While at the national level, the BJD’s snapping ties with BJP is being seen as a blow to L K Advani’s prime ministerial aspirations, at the state level, Patnaik by dumping the saffron party is expected to improve his secular credentials which took a beating after the anti-Christian riots in Khandamal, the analysts feel.
Given that the 2008 Khandamal civic poll results indicated that the BJP had lost popular ground, the BJD’s pulling away seems to be less about seat sharing differences and more about ensuring that it can come to power again with the help of secular allies such as the left, NCP, JMM and others.
At the national level, the snapping of BJP-BJD ties does seem to be a “game changer” — the term that CPI(M)’s Prakash Karat has used to describe the Orissa development. At one go, it may not help BJP’s plans to emerge as leader of the largest combination post-elections, while making the “Third Front” project looks a lot more real than what it seemed earlier, the analysts say.

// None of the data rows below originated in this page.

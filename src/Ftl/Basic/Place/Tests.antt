-- ===== src/Ftl/Basic/Place/Tests.antt =====
-- Pages placed on the small chip.
use ufprog.Common.{ℕ, zero, suc, ◌<◌, ◌≡◌, refl, arith, ◌==◌}
use ufprog.Common.{some, done, if◌then◌else◌}
use ufprog.Bitmap.{bitmap_get}
use ufprog.Bbt.{st_good, st_bad, get_state, is_reserved}
use ufprog.Bbt.Ram.{RamWorld, ram_bbt}
use ufprog.Bbt.Ram.Tests.{small_geo, asked_nand, small_ram, small_ram-IsSized}
use ufprog.Bitmap.Tests.{two_bit_map, unit0, unit1, unit2, unit3}
use ufprog.Ftl.Basic.{FtlState, is_good_block, judge, unusable_block_notice}
use ufprog.Ftl.Basic.Settled.{IsKnown, good_state, ram_bbt-IsSettled}
use ufprog.Ftl.Basic.Place.{walk, finish, search_from, located, get_block_page}
use ufprog.Ftl.Basic.Place.Scan.{IsSettled}
use ufprog.Ftl.Basic.Place.Map.{IsLocated, get_block_page-IsLocated}
use ufprog.Ftl.Basic.Tests.{fixed_bbt, good_bbt, start, whole_chip}

-- Page 5 is page 1 of the second good block, looked for from block 1 on.
pub placed5 :
    get_block_page fixed_bbt small_geo 0 (some whole_chip) 5 start
    ≡ (done (record { block = 1; end_block = 4; page = 1 }), start)
unfolding get_block_page located search_from finish walk is_good_block judge unusable_block_notice
    get_state is_reserved
placed5 = refl

pub placed_all :
    get_block_page good_bbt small_geo 0 (some whole_chip) 8 start
    ≡ (done (record { block = 2; end_block = 4; page = 0 }), start)
unfolding get_block_page located search_from finish walk is_good_block judge unusable_block_notice
    get_state is_reserved
placed_all = refl

-- The states in the RAM table of the small chip.
abbrev states : ℕ → ℕ
states c = if c == 1 then st_bad else st_good

known_start : FtlState (RamWorld ℕ)
known_start = record { reported = two_bit_map; world = small_ram }

held : (b : ℕ) → b < 4 → bitmap_get two_bit_map b ≡ done (states b)
held zero h = unit0
held (suc zero) h = unit1
held (suc (suc zero)) h = unit2
held (suc (suc (suc zero))) h = unit3
held (suc (suc (suc (suc b)))) h = absurd (omega (arith, h))

known_start-IsKnown : IsKnown asked_nand small_geo states known_start
unfolding known_start
known_start-IsKnown = record {
  sized = small_ram-IsSized;
  held = held;
  known = λ b h e. ground (arith, e);
}

ram_bbt-IsSettled_example :
    IsSettled
      (ram_bbt asked_nand small_geo)
      (good_state asked_nand small_geo states)
      4
      (IsKnown asked_nand small_geo states)
ram_bbt-IsSettled_example = ram_bbt-IsSettled asked_nand small_geo states

get_block_page-IsLocated_example :
    let (r, s') =
      get_block_page (ram_bbt asked_nand small_geo) small_geo 0 (some whole_chip) 5 known_start in
    IsLocated
      (ram_bbt asked_nand small_geo)
      (good_state asked_nand small_geo states)
      4
      (IsKnown asked_nand small_geo states)
      (ram_bbt-IsSettled asked_nand small_geo states)
      0
      4
      1
      1
      r
    × IsKnown asked_nand small_geo states s'
get_block_page-IsLocated_example =
    get_block_page-IsLocated (ram_bbt asked_nand small_geo) (good_state asked_nand small_geo states)
      4 (IsKnown asked_nand small_geo states) (ram_bbt-IsSettled asked_nand small_geo states)
      small_geo 0 refl refl whole_chip 5 known_start (omega arith) (omega arith) known_start-IsKnown
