-- ===== src/Ftl/Basic/Transfer/Sum.antt =====
-- The locals of a transfer add up, and a callback that fails does so with an error.
use ufprog.Common.{ℕ, ◌+◌, ◌^◌, ◌<◌, ◌≡◌, ◌≢◌, arith}
use ufprog.Common.{true, Option, Status, ok}
use ufprog.Nand.Api.{Geometry}
use ufprog.Ftl.Api.{Callback}
use ufprog.Ftl.Basic.Transfer.{Transfer, advance, after_transfer}

module _ {W : Type 0} (cb : Option (Callback W)) (ret : Status) (n : ℕ) (w : W) where
  pub after_transfer-failed :
      (after_transfer cb ret n w).1 ≡ true → (after_transfer cb ret n w).0 ≢ ok
  unfolding after_transfer
  after_transfer-failed e = ground arith

module _ (geo : Geometry) (count : ℕ) (small : count < 2 ^ 32) where
  pub advance_sum :
      (t : Transfer)
      → t.total + t.count ≡ count
      → (advance geo t).total + (advance geo t).count ≡ count
  advance_sum t e = ground (arith, small)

The BJD’s lurch towards the Left may seem to be an alliance made on the rebound, but it would certainly not have done so if it was not convinced that the costs of a tie-up with the BJP is possibly more than the benefits.
The alliance had yielded rich dividends to both the parties in all the assembly and Lok Sabha elections that the two had fought together in the past, so the break up is certainly not because of some minor differences of one or two seats here or there, they feel.
The Biju Janata Dal was formed on 26 December, 1997 after the demise of Orissa strongman Biju Patnaik in April 1997 and the alliance with the BJP came into being in February 1998 through the efforts of the late Pramod Mahajan, who is surely being missed now by the saffron party.
While the BJD-BJP alliance contested Lok Sabha elections in 1998, 1999 and 2004, they went to assembly polls jointly in 2000 and 2004.
In the 2004 assembly elections, the BJD got 61 seats while BJP won 32, together obtaining a comfortable majority of 93 members in 147-member Orissa Vidhan Sabha.
The story was even better in the 2000 assembly polls when together they bagged 106 seats with BJD winning 68 and the BJP 38.
In Lok Sabha elections too, the alliance has yielded rich dividends for both parties as together they have a won a majority of the 21 seats in the state all three times.
In 2004, BJD got 11 while BJP won in seven constituencies leaving only two seats to the opposition Congress. JMM had won one seat.
The alliance also proved fruitful for both the parties in 1999 Lok Sabha polls when Congress could win only one of the 21 seats.
The analysts say that given this track record, the BJD’s decision to go for a divorce is much more deep rooted than it is willing to admit.